The lines to reproduce from the material below are those from the one containing "repository 20508c3b923cb5b1" through the one containing "text_at d k", both included; write them out exactly and add nothing.

* [Records for the task]
- - -

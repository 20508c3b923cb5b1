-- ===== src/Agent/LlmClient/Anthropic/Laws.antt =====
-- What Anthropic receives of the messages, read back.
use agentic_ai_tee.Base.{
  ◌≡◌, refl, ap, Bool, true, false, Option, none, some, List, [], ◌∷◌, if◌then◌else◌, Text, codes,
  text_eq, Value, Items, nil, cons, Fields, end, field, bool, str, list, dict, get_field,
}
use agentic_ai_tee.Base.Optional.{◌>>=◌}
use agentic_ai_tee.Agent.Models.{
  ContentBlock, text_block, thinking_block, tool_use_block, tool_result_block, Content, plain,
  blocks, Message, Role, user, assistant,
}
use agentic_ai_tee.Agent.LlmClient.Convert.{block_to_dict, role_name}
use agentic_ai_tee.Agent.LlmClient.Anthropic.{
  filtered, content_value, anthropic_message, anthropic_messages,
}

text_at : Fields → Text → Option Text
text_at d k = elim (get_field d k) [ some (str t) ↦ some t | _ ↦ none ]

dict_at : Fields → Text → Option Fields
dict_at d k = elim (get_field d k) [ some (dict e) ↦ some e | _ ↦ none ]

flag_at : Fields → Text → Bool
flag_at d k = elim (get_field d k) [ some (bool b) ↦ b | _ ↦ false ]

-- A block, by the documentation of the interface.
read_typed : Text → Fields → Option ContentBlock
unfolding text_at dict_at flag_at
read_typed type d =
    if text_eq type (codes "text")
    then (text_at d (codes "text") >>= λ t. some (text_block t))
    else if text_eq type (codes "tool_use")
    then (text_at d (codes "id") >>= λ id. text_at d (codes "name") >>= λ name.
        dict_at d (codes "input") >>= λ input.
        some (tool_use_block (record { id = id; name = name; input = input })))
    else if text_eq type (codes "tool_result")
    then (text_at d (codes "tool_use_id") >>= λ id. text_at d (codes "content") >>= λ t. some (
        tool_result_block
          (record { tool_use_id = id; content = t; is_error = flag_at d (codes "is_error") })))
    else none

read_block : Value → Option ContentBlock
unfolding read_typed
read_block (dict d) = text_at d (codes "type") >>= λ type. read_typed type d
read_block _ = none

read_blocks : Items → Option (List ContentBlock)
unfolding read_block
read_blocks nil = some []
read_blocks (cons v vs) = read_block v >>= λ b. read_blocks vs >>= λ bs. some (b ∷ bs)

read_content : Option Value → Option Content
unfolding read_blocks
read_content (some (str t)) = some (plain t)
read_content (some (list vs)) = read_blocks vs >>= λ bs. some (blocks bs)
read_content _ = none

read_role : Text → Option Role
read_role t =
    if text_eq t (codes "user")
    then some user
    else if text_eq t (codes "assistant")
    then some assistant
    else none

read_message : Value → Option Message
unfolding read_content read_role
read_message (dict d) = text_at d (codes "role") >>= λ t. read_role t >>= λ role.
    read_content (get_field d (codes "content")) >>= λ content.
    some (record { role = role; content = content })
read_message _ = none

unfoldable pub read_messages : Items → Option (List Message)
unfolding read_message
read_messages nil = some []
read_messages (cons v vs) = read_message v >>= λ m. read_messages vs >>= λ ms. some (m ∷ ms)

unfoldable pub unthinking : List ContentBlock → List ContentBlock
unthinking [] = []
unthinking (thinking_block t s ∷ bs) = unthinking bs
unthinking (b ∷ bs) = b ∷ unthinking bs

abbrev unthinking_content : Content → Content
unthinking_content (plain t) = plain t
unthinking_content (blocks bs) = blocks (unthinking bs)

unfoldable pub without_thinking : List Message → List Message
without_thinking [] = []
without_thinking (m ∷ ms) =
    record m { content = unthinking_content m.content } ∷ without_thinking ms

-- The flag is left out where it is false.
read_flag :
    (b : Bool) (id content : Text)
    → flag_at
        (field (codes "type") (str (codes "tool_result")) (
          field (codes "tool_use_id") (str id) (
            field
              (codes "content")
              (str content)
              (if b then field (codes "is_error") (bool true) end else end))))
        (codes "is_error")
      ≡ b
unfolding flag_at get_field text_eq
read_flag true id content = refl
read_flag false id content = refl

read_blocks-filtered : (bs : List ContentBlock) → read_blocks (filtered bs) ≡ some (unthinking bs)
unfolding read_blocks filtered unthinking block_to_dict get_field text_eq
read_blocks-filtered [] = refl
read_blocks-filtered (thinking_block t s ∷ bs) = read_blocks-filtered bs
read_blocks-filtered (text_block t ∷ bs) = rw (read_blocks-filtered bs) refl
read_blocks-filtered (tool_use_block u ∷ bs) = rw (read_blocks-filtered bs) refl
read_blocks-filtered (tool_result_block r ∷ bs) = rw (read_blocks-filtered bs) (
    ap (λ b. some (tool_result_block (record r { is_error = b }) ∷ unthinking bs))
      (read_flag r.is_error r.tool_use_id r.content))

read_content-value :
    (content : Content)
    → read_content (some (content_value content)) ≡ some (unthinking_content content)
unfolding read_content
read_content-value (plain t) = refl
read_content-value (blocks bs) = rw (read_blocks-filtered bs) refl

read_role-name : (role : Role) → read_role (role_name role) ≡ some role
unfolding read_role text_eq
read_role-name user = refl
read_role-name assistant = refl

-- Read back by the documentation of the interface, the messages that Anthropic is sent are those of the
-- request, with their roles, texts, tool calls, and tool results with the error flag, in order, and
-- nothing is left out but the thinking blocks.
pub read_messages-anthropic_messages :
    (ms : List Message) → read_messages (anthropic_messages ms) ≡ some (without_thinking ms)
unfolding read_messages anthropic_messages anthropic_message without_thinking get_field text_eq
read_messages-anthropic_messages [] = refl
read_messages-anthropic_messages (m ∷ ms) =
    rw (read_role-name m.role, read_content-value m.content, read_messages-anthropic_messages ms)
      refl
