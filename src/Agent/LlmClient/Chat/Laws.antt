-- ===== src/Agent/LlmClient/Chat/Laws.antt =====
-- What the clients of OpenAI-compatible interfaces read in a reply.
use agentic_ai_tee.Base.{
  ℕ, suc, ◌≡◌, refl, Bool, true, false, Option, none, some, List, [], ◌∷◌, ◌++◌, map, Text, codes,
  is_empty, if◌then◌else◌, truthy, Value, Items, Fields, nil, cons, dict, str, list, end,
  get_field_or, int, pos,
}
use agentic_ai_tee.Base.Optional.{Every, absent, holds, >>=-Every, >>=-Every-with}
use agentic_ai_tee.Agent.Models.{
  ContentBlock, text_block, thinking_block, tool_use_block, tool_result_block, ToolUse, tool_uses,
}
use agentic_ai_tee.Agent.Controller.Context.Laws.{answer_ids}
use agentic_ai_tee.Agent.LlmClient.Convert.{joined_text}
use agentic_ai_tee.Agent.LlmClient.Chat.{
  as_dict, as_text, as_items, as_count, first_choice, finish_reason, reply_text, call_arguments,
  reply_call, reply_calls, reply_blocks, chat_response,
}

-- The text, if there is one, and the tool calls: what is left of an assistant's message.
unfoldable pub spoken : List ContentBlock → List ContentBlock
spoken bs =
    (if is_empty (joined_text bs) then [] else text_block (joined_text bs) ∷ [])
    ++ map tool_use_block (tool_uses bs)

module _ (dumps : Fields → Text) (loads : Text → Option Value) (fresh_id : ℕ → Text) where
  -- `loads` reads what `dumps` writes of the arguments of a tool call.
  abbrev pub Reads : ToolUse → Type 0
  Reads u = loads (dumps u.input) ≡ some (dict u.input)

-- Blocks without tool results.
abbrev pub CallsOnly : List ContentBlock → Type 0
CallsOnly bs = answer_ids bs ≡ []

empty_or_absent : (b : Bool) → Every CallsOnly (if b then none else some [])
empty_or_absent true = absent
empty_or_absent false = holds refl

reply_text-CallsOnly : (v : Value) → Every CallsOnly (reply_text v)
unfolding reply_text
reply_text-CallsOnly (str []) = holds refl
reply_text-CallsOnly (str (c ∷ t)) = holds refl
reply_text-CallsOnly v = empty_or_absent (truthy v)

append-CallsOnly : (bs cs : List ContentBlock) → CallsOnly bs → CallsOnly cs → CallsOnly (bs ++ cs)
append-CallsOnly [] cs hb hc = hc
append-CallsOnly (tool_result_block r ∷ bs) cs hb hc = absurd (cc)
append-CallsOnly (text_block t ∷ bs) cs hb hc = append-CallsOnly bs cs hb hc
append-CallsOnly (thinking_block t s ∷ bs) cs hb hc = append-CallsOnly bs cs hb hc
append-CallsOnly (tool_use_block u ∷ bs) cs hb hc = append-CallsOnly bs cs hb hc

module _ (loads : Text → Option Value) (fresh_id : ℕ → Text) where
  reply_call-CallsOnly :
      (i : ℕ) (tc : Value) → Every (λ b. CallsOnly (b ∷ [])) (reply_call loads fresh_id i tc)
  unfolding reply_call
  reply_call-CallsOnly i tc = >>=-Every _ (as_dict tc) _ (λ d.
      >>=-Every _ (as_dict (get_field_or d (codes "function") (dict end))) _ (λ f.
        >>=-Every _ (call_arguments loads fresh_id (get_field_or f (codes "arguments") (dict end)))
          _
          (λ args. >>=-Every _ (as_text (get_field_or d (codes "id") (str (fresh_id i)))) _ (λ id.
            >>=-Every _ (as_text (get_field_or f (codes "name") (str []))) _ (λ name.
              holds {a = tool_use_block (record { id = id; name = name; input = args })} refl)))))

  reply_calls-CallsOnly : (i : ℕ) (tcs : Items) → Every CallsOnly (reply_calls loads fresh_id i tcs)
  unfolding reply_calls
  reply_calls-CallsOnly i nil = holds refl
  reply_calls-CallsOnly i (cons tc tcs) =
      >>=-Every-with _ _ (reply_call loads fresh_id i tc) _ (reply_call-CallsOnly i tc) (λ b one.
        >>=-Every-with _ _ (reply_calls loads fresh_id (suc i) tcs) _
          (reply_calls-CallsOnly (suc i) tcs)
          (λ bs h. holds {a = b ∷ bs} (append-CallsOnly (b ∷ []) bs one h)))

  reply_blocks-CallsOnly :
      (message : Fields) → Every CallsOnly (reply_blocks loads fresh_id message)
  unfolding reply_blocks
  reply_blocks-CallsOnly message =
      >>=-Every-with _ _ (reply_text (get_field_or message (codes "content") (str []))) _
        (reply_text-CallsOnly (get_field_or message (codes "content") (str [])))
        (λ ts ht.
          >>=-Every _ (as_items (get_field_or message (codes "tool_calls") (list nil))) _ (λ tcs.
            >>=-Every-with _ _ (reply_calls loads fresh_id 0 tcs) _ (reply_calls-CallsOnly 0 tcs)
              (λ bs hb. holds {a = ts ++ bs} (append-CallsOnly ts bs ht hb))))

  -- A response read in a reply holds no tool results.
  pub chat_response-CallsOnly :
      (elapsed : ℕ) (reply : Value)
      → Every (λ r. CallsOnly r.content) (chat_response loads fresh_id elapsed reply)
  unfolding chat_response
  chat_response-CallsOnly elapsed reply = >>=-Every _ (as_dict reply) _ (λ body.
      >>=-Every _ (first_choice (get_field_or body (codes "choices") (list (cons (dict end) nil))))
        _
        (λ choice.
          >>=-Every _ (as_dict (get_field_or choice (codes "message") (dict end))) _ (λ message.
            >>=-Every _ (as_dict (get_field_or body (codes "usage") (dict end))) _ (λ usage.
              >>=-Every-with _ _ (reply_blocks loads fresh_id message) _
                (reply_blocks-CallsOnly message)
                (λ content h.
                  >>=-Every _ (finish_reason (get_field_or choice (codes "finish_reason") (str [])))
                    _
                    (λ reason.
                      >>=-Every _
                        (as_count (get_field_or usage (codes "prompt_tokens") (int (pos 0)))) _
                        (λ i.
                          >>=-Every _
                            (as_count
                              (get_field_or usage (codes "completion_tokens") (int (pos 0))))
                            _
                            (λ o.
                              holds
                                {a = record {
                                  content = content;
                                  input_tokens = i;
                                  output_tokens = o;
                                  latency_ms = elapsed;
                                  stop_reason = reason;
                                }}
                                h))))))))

- - -

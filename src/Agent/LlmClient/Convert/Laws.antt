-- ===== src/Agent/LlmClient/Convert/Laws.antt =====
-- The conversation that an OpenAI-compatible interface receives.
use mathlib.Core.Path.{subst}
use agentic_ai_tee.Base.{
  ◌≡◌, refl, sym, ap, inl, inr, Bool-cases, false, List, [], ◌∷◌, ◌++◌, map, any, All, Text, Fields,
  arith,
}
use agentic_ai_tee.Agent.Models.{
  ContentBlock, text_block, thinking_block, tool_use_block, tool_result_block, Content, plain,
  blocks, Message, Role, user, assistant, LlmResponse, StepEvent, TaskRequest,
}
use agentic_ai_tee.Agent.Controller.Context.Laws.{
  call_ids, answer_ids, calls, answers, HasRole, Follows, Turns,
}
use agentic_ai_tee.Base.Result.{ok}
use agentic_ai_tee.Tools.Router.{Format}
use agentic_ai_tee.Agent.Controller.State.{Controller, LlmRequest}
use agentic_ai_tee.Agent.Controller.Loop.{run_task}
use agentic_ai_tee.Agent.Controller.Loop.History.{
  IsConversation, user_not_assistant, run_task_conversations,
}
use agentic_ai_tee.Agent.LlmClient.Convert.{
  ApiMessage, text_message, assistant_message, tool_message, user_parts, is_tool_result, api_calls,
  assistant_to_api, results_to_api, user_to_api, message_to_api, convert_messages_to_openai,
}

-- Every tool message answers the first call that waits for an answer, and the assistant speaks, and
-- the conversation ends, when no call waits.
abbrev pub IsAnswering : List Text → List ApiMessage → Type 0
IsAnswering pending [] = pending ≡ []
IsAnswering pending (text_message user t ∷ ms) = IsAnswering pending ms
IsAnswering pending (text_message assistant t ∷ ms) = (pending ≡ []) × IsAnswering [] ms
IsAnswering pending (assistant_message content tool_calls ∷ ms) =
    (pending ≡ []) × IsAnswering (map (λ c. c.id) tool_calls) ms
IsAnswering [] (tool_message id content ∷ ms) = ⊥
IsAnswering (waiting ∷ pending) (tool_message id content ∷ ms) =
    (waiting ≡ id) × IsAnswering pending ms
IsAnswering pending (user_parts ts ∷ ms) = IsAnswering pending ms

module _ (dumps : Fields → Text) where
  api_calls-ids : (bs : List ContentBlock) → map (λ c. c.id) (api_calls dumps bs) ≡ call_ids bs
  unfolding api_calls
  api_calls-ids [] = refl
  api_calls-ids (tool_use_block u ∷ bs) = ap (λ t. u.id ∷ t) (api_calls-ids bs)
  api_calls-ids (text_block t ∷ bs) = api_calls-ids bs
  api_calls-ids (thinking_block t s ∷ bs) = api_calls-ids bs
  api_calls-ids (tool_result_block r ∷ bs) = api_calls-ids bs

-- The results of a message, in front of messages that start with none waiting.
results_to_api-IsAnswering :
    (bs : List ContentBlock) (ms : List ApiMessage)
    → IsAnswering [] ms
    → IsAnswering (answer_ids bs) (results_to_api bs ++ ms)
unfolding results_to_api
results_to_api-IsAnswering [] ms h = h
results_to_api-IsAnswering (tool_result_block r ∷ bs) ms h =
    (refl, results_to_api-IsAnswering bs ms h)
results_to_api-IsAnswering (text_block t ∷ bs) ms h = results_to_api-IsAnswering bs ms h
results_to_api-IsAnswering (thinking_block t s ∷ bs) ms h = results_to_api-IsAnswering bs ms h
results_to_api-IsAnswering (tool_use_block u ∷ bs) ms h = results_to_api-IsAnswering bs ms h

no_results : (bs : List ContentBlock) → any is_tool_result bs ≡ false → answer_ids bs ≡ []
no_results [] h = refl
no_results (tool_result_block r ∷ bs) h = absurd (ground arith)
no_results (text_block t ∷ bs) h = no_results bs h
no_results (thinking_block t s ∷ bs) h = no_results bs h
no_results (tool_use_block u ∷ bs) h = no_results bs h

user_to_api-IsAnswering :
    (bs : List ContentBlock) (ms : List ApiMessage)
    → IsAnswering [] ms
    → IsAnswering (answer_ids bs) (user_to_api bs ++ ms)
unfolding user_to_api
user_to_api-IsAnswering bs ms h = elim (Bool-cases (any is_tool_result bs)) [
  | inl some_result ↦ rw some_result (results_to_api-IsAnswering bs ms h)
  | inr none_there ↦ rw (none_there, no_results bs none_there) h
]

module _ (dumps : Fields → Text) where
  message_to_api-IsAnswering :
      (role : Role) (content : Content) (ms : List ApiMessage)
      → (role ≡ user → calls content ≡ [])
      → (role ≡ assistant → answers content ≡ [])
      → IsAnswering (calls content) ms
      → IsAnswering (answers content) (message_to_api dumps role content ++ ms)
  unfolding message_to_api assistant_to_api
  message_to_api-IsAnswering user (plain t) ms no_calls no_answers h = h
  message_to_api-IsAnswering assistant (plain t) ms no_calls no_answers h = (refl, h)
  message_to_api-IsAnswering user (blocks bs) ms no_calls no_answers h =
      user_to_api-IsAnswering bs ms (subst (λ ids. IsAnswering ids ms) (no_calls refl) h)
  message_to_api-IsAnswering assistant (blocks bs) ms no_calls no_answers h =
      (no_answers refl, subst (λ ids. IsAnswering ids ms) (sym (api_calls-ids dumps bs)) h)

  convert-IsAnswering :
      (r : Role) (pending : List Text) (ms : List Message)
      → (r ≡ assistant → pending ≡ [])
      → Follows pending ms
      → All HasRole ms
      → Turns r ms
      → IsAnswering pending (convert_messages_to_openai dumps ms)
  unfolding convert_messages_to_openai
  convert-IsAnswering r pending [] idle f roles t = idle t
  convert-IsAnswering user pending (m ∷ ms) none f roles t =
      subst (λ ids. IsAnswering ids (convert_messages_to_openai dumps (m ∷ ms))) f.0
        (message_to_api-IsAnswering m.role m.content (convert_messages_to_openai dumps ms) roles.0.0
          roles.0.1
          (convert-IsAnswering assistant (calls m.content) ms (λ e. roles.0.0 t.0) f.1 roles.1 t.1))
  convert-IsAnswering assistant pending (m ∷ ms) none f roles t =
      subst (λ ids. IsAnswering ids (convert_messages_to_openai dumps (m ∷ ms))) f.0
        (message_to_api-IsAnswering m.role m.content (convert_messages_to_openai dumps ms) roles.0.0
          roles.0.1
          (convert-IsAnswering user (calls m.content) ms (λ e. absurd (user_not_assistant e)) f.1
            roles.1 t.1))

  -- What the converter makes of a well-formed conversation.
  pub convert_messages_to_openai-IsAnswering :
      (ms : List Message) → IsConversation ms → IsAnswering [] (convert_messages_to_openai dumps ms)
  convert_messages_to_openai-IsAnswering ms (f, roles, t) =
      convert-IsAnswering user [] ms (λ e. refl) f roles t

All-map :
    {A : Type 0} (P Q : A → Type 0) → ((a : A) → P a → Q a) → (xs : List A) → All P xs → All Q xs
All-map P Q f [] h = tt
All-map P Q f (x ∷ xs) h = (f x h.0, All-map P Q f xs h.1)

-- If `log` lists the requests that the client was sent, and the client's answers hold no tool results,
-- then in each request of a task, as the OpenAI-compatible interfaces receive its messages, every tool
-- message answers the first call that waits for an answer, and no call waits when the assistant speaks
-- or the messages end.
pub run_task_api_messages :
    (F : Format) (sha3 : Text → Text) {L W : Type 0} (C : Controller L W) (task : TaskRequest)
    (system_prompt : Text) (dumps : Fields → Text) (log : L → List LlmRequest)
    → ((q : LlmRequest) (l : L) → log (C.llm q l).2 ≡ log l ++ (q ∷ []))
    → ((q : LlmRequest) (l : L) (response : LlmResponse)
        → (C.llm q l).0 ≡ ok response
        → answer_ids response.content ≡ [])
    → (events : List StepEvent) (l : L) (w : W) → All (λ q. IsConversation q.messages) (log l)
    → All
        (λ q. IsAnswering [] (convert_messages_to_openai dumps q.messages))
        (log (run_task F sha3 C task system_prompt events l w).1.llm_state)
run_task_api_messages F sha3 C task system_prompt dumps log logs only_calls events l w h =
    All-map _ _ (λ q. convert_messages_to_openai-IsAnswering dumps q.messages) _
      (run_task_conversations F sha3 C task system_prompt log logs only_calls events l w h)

- - -

* [Your solution]
repository 20508c3b923cb5b1
-- ===== src/Agent/LlmClient/Anthropic/Laws.antt =====
-- What Anthropic receives of the messages, read back.
use agentic_ai_tee.Base.{
  ◌≡◌, refl, ap, Bool, true, false, Option, none, some, List, [], ◌∷◌, if◌then◌else◌, Text, codes,
  text_eq, Value, Items, nil, cons, Fields, end, field, bool, str, list, dict, get_field,
}
use agentic_ai_tee.Base.Optional.{◌>>=◌}
use agentic_ai_tee.Agent.Models.{
  ContentBlock, text_block, thinking_block, tool_use_block, tool_result_block, Content, plain,
  blocks, Message, Role, user, assistant,
}
use agentic_ai_tee.Agent.LlmClient.Convert.{block_to_dict, role_name}
use agentic_ai_tee.Agent.LlmClient.Anthropic.{
  filtered, content_value, anthropic_message, anthropic_messages,
}

text_at : Fields → Text → Option Text
text_at d k = elim (get_field d k) [ some (str t) ↦ some t | _ ↦ none ]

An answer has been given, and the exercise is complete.